PVH Corp., owner Calvin Klein and Tommy Hilfiger reports quarterly results on August 31

Ralph Lauren, Michael Kors and Coach all recently reported strong sales numbers and improved operating margins.

PVH sold brands that were dependent on department stores earlier in the year to allow it to concentrate on growing its core labels.

American was sucked into the pandemic. fashionConglomerates are thriving again. Tapestry, Capri Holdings, and Ralph Lauren all reported better-than expected results, as well as progress on long-gestating turnaround projects. Each company is following a different formula: nudge customers to brand-owned stores, away from ailing wholesale retailers, invest in ecommerce, expand internationally, and keep tight control over inventory and pricing.
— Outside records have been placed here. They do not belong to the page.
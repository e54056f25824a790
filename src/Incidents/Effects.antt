-- ===== src/Incidents/Effects.antt =====
-- What each write of src/modules/incidents does to the incidents table, when it succeeds.
use ecotrack_api.Common.{
  Bool, Option, Option-cases, String, [], arith, codes, false, find, inl, inr, is_none, is_value,
  some, true, update_where, ℕ, ◌++◌, ◌<◌, ◌∷◌, ◌≡◌, ◌≤◌, ◌⊎◌,
}
use ecotrack_api.Db.{Db, IncidentRow, WorkflowStageRow, ok}
use ecotrack_api.Incidents.{
  CreateIncident, create_incident, incident_by_id, is_incident, new_incident,
}
use ecotrack_api.Incidents.Actions.{
  advance_row, advance_stage, duplicate_row, duplicate_write, is_verified, move_stage, reject,
  reject_row, reject_write, update_incident_stage, version_guard,
}
use ecotrack_api.Incidents.Pool.{claim_row, claim_write, is_pooled}
use ecotrack_api.Workflow.Rules.{stage_id}
use ecotrack_api.Workflow.Stages.{has_slug, stages_of}
use ecotrack_api.Workflow.Stages.Changes.{has_id}

-- An existing row changed by `f`, and nothing else: the shape of every write but the report.
pub record Changed (db db' : Db) (id : ℕ) (p : IncidentRow → Bool) (f : IncidentRow → IncidentRow)
    (i : IncidentRow) : Type 0 where
  pub found : incident_by_id id db ≡ some i
  pub table : db'.incidents ≡ update_where p f db.incidents
  pub ids : db.next_id ≤ db'.next_id

pub report_effect :
    (user_id : ℕ) (d : CreateIncident) (db db' : Db) (r : IncidentRow)
    → create_incident user_id d db ≡ ok (r, db')
    → (db'.incidents ≡ db.incidents ++ new_incident db.clock db.next_id user_id d ∷ [])
      × (db.next_id < db'.next_id)
unfolding create_incident
report_effect user_id d db db' r h = ground arith

pub reject_write_effect :
    (organisation_id incident_id acting_user_id : ℕ) (reason : String) (seen : IncidentRow)
    (stage : Option ℕ) (db db' : Db) (r : IncidentRow)
    → reject_write organisation_id incident_id acting_user_id reason seen stage db ≡ ok (r, db')
    → (i : IncidentRow) × Changed db db' incident_id
        (is_incident incident_id)
        (reject_row db.clock reason stage)
        i
      × (r ≡ reject_row db.clock reason stage i)
unfolding reject_write
reject_write_effect organisation_id incident_id acting_user_id reason seen stage db db' r h =
    elim (Option-cases (incident_by_id incident_id db)) [
      | inl e ↦ absurd (ground arith)
      | inr (i, e) ↦ (i, ground arith, ground arith)
    ]

pub duplicate_write_effect :
    (organisation_id incident_id acting_user_id duplicate_of_id : ℕ) (db db' : Db) (r : IncidentRow)
    → duplicate_write organisation_id incident_id acting_user_id duplicate_of_id db ≡ ok (r, db')
    → (i : IncidentRow) × Changed db db' incident_id
        (is_incident incident_id)
        (duplicate_row db.clock duplicate_of_id)
        i
      × (r ≡ duplicate_row db.clock duplicate_of_id i)
unfolding duplicate_write
duplicate_write_effect organisation_id incident_id acting_user_id duplicate_of_id db db' r h =
    elim (Option-cases (incident_by_id incident_id db)) [
      | inl e ↦ absurd (ground arith)
      | inr (i, e) ↦ (i, ground arith, ground arith)
    ]

-- A `reject` is its checks, and then its write on the same state.
pub reject_checked :
    (organisation_id incident_id acting_user_id : ℕ) (reason : String) (db db' : Db)
    (r : IncidentRow)
    → reject organisation_id incident_id acting_user_id reason db ≡ ok (r, db')
    → (i : IncidentRow) × (stage : Option ℕ) × (incident_by_id incident_id db ≡ some i)
      × (is_value i.organisation_id organisation_id ≡ true)
      × (is_verified i.verification_status ≡ true)
      × (reject_write organisation_id incident_id acting_user_id reason i stage db ≡ ok (r, db'))
unfolding reject
reject_checked organisation_id incident_id acting_user_id reason db db' r h =
    elim (Option-cases (incident_by_id incident_id db)) [
      | inl e ↦ absurd (ground arith)
      | inr (i, e) ↦ (
        i,
        stage_id (find (has_slug organisation_id (codes "dismissed")) db.workflow_stages),
        ground arith,
        ground arith,
        ground arith,
        ground arith,
      )
    ]

pub claim_write_effect :
    (incident_id organisation_id acting_user_id : ℕ) (stage : Option ℕ) (db db' : Db)
    (r : IncidentRow)
    → claim_write incident_id organisation_id acting_user_id stage db ≡ ok (r, db')
    → (i : IncidentRow) × (find (is_pooled incident_id) db.incidents ≡ some i)
      × (db'.incidents
          ≡ update_where
              (is_pooled incident_id)
              (claim_row db.clock organisation_id acting_user_id stage)
              db.incidents)
      × (db.next_id ≤ db'.next_id)
      × (r ≡ claim_row db.clock organisation_id acting_user_id stage i)
unfolding claim_write
claim_write_effect incident_id organisation_id acting_user_id stage db db' r h =
    elim (Option-cases (find (is_pooled incident_id) db.incidents)) [
      | inl e ↦ absurd (ground arith)
      | inr (i, e) ↦ (i, ground arith, ground arith, ground arith, ground arith)
    ]

pub advance_effect :
    (organisation_id incident_id target acting_user_id : ℕ) (trigger : String) (db db' : Db)
    → advance_stage organisation_id incident_id target acting_user_id trigger db ≡ ok (tt, db')
    → (db'.incidents
        ≡ update_where (is_incident incident_id) (advance_row db.clock target) db.incidents)
      × (db.next_id ≤ db'.next_id)
unfolding advance_stage
advance_effect organisation_id incident_id target acting_user_id trigger db db' h = ground arith

-- The guarded UPDATE hits a row of the expected version, or the request fails.
pub move_stage_effect :
    (organisation_id : ℕ) (i : IncidentRow) (target : ℕ) (expected : Option ℕ) (acting_user_id : ℕ)
    (db db' : Db) (r : IncidentRow)
    → move_stage organisation_id i target expected acting_user_id db ≡ ok (r, db')
    → (before : IncidentRow) × (find (version_guard i.id expected) db.incidents ≡ some before)
      × (db'.incidents
          ≡ update_where (version_guard i.id expected) (advance_row db.clock target) db.incidents)
      × (db.next_id ≤ db'.next_id)
      × (r ≡ advance_row db.clock target before)
unfolding move_stage
move_stage_effect organisation_id i target expected acting_user_id db db' r h =
    elim (Option-cases (find (version_guard i.id expected) db.incidents)) [
      | inl e ↦ absurd (ground arith)
      | inr (b, e) ↦ (b, ground arith, ground arith, ground arith, ground arith)
    ]

-- `updateStage` returns the incident untouched where it is on the stage already, and otherwise
-- moves it under the version guard.
pub update_stage_effect :
    (organisation_id incident_id stage : ℕ) (expected : Option ℕ) (acting_user_id : ℕ) (db db' : Db)
    (r : IncidentRow)
    → update_incident_stage organisation_id incident_id stage expected acting_user_id db
      ≡ ok (r, db')
    → (i : IncidentRow) × (target : WorkflowStageRow) × (incident_by_id incident_id db ≡ some i)
      × (is_none i.organisation_id ≡ false)
      × (find (has_id stage) (stages_of organisation_id db.workflow_stages) ≡ some target)
      × (((is_value i.current_stage_id target.id ≡ true) × (r ≡ i) × (db' ≡ db))
          ⊎ ((is_value i.current_stage_id target.id ≡ false)
              × (move_stage organisation_id i target.id expected acting_user_id db ≡ ok (r, db'))))
unfolding update_incident_stage
update_stage_effect organisation_id incident_id stage expected acting_user_id db db' r h =
    elim (Option-cases (incident_by_id incident_id db)) [
      | inl e ↦ absurd (ground arith)
      | inr (i, e) ↦
          elim (Option-cases (find (has_id stage) (stages_of organisation_id db.workflow_stages))) [
            | inl e' ↦ absurd (ground arith)
            | inr (target, e') ↦ (i, target, ground arith, ground arith, ground arith, ground arith)
          ]
    ]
PVH, the next to be reported, has been following the same strategy under both Manny Chirico as Stefan Larsson, who assumed the role of chief executive in February. The company, which sold labels like Van Heusen and Izod through department stores, sees its future in digital sales as well as fast-growing markets such China.

The Bottom Line: PVH’s “focus on the core” strategy has its own hurdles — consumers have stubbornly resisted attempts to move Calvin Klein upmarket — but the strength of the rebound at the company’s main rivals bodes well.